• **Exercise**
Count every line in the entries that follow where the word "Text" appears, then state only the total.

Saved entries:
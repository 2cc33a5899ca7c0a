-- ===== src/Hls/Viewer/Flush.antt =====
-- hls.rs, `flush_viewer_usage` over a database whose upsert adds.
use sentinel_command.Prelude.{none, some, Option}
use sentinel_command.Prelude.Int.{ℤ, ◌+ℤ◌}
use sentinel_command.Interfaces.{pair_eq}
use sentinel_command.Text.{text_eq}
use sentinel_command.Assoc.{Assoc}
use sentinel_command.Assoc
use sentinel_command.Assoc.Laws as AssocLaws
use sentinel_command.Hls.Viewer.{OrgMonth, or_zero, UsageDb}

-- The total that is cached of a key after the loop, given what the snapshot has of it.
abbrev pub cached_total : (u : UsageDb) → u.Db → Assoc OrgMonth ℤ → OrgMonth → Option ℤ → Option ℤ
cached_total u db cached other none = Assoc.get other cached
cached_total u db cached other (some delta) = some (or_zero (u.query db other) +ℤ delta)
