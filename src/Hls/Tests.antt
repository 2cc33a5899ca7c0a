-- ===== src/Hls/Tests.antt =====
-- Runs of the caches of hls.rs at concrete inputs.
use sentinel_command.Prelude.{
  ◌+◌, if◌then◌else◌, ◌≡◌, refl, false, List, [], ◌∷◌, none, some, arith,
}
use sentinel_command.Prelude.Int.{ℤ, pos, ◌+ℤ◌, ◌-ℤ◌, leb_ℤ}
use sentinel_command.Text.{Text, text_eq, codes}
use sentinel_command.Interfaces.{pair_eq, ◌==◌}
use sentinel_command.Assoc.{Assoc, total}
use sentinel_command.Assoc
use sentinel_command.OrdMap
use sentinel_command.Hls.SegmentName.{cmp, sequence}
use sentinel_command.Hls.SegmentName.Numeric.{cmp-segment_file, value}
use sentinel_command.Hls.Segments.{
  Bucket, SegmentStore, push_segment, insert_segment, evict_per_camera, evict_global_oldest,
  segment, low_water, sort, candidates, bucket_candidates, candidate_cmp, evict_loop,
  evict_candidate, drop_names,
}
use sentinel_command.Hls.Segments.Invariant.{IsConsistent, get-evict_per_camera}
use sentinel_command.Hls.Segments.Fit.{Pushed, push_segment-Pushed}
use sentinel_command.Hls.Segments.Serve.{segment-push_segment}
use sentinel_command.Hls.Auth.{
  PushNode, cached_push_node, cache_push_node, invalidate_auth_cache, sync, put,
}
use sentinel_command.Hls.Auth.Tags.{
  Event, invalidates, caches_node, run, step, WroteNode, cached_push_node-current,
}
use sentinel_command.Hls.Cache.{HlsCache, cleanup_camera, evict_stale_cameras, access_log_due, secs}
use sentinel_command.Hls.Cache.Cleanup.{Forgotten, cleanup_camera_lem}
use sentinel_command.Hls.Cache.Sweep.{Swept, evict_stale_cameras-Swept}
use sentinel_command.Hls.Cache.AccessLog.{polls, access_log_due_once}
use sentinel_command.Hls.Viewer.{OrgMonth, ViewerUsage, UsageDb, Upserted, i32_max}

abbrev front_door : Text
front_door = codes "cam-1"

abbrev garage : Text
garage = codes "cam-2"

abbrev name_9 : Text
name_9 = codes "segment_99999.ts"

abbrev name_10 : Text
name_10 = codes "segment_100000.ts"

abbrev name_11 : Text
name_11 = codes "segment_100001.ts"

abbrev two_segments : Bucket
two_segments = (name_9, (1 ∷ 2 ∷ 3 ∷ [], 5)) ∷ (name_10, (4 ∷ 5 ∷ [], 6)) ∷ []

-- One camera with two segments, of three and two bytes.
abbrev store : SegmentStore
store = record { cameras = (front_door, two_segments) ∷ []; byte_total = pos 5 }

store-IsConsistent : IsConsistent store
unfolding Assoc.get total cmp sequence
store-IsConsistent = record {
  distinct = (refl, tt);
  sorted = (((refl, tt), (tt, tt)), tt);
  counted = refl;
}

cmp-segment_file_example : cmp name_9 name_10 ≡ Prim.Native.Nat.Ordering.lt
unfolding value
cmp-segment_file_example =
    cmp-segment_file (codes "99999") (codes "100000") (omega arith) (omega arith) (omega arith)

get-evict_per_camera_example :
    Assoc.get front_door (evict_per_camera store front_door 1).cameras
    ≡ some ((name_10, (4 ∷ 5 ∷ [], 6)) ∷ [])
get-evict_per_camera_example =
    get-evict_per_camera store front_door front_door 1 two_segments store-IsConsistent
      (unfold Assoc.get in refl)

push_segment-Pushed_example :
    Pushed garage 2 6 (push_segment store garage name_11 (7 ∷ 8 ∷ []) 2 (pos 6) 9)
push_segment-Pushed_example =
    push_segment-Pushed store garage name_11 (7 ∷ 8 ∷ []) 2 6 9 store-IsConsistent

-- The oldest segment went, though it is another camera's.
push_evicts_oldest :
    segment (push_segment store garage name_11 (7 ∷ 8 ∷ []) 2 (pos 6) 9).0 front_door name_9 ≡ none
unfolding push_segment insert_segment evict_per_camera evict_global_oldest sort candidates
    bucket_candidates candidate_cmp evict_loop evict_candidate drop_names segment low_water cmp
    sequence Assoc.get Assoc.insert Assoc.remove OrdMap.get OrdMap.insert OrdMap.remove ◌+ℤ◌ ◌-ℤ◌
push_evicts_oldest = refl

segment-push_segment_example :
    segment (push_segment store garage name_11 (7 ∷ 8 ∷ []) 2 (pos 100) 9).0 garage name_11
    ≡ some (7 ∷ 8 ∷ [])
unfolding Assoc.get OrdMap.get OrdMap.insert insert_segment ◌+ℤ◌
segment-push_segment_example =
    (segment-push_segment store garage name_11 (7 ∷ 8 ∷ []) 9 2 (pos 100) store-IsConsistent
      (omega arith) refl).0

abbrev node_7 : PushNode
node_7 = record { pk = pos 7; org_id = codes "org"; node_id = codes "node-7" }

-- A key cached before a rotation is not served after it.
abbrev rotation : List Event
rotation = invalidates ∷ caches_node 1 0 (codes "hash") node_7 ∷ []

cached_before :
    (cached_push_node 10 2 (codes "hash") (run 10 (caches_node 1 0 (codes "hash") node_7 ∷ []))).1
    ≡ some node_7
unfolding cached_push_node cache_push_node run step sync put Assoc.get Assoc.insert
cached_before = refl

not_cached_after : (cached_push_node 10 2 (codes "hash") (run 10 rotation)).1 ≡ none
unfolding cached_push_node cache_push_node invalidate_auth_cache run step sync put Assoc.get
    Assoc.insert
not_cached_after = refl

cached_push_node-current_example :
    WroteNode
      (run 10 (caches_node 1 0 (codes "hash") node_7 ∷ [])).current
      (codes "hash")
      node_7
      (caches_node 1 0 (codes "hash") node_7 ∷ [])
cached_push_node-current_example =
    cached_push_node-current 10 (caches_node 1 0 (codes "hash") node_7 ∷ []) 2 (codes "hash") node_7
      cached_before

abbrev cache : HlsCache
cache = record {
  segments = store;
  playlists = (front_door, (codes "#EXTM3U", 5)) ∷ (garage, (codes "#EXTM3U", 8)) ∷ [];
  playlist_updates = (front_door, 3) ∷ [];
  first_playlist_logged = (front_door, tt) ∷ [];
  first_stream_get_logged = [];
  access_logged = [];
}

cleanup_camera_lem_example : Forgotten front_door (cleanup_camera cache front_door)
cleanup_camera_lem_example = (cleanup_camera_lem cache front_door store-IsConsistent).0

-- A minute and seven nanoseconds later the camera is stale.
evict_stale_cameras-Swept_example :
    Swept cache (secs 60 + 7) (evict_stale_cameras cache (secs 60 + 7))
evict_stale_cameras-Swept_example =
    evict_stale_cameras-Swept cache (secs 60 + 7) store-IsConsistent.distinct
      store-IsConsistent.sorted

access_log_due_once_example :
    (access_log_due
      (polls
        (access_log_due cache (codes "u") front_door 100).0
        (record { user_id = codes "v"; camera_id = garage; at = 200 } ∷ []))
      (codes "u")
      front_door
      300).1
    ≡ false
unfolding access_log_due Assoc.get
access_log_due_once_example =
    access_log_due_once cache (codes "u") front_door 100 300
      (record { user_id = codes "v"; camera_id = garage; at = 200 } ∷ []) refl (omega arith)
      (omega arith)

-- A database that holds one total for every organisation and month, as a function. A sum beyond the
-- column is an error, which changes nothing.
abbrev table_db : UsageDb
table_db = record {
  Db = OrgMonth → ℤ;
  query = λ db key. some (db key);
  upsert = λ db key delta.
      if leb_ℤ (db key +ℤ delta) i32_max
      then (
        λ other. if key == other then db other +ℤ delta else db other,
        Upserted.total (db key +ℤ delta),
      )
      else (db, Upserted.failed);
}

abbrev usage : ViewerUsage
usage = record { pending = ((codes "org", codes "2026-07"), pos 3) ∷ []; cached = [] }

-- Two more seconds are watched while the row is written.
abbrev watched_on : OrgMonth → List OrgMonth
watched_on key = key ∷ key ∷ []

• **Written response**
7